◆ Task statement:
From the listing below, copy each line where "Protobuf" occurs.

##### Provided data #####

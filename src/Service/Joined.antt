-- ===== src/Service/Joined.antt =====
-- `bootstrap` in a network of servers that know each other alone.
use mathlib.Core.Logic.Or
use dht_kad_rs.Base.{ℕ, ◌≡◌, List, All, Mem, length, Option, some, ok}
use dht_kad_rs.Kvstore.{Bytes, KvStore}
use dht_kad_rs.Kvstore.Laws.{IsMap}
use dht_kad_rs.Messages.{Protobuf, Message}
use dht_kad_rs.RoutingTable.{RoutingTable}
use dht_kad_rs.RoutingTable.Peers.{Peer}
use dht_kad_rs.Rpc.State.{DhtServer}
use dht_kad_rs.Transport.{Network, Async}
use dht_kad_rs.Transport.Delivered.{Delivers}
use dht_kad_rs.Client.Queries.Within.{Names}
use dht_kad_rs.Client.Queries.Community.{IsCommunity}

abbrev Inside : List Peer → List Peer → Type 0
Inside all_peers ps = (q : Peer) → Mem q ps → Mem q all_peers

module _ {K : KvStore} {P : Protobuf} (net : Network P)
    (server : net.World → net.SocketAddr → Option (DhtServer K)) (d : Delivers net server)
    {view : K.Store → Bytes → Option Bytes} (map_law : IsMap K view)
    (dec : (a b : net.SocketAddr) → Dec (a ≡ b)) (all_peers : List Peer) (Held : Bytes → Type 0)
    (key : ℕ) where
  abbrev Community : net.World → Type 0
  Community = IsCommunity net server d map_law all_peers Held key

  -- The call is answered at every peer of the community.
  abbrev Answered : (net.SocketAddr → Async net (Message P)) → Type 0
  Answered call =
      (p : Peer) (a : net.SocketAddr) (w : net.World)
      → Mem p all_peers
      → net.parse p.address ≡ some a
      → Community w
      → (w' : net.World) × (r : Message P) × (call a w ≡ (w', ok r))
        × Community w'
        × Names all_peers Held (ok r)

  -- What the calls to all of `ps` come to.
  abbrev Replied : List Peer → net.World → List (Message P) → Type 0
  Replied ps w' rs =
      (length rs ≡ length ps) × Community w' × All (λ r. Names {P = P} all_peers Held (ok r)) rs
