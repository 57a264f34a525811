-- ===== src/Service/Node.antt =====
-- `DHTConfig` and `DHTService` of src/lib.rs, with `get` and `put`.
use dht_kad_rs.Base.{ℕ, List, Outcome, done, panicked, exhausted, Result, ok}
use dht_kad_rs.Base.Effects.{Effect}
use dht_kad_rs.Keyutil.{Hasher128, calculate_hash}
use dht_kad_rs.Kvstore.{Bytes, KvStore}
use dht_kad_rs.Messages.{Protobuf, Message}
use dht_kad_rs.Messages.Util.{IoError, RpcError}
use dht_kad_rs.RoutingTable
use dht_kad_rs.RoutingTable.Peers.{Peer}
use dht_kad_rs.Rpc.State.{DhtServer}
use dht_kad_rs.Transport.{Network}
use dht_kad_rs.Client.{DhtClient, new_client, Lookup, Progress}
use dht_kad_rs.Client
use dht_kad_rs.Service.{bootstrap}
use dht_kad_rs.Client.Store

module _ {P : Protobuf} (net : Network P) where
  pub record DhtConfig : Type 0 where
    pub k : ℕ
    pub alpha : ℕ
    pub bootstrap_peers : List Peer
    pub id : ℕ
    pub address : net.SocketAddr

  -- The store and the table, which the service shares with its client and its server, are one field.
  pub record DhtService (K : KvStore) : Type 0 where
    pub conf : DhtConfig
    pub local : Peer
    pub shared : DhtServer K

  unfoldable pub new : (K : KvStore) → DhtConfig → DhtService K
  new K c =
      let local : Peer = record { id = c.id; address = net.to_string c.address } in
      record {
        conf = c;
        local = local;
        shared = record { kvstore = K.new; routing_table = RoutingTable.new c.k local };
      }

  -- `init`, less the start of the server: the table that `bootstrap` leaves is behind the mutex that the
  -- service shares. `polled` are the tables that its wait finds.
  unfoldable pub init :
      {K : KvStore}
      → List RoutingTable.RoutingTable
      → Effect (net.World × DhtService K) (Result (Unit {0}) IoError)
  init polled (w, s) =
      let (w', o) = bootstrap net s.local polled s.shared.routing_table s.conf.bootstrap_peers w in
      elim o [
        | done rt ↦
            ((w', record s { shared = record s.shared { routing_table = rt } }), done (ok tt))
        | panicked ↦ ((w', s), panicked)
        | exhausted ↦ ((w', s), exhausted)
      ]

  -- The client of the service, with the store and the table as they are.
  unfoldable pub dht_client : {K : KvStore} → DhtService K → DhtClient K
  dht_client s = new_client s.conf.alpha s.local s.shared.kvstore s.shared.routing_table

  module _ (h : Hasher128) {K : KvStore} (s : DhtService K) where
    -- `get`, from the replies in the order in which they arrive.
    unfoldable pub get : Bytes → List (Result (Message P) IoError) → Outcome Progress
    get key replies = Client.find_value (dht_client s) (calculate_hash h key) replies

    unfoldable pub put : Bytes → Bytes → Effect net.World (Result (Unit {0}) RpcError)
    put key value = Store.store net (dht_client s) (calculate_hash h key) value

#####

◆ Exercise output:
use dht_kad_rs.Messages.{Protobuf, Message}
module _ {K : KvStore} {P : Protobuf} (net : Network P)
use dht_kad_rs.Messages.{Protobuf, Message}
module _ {P : Protobuf} (net : Network P) where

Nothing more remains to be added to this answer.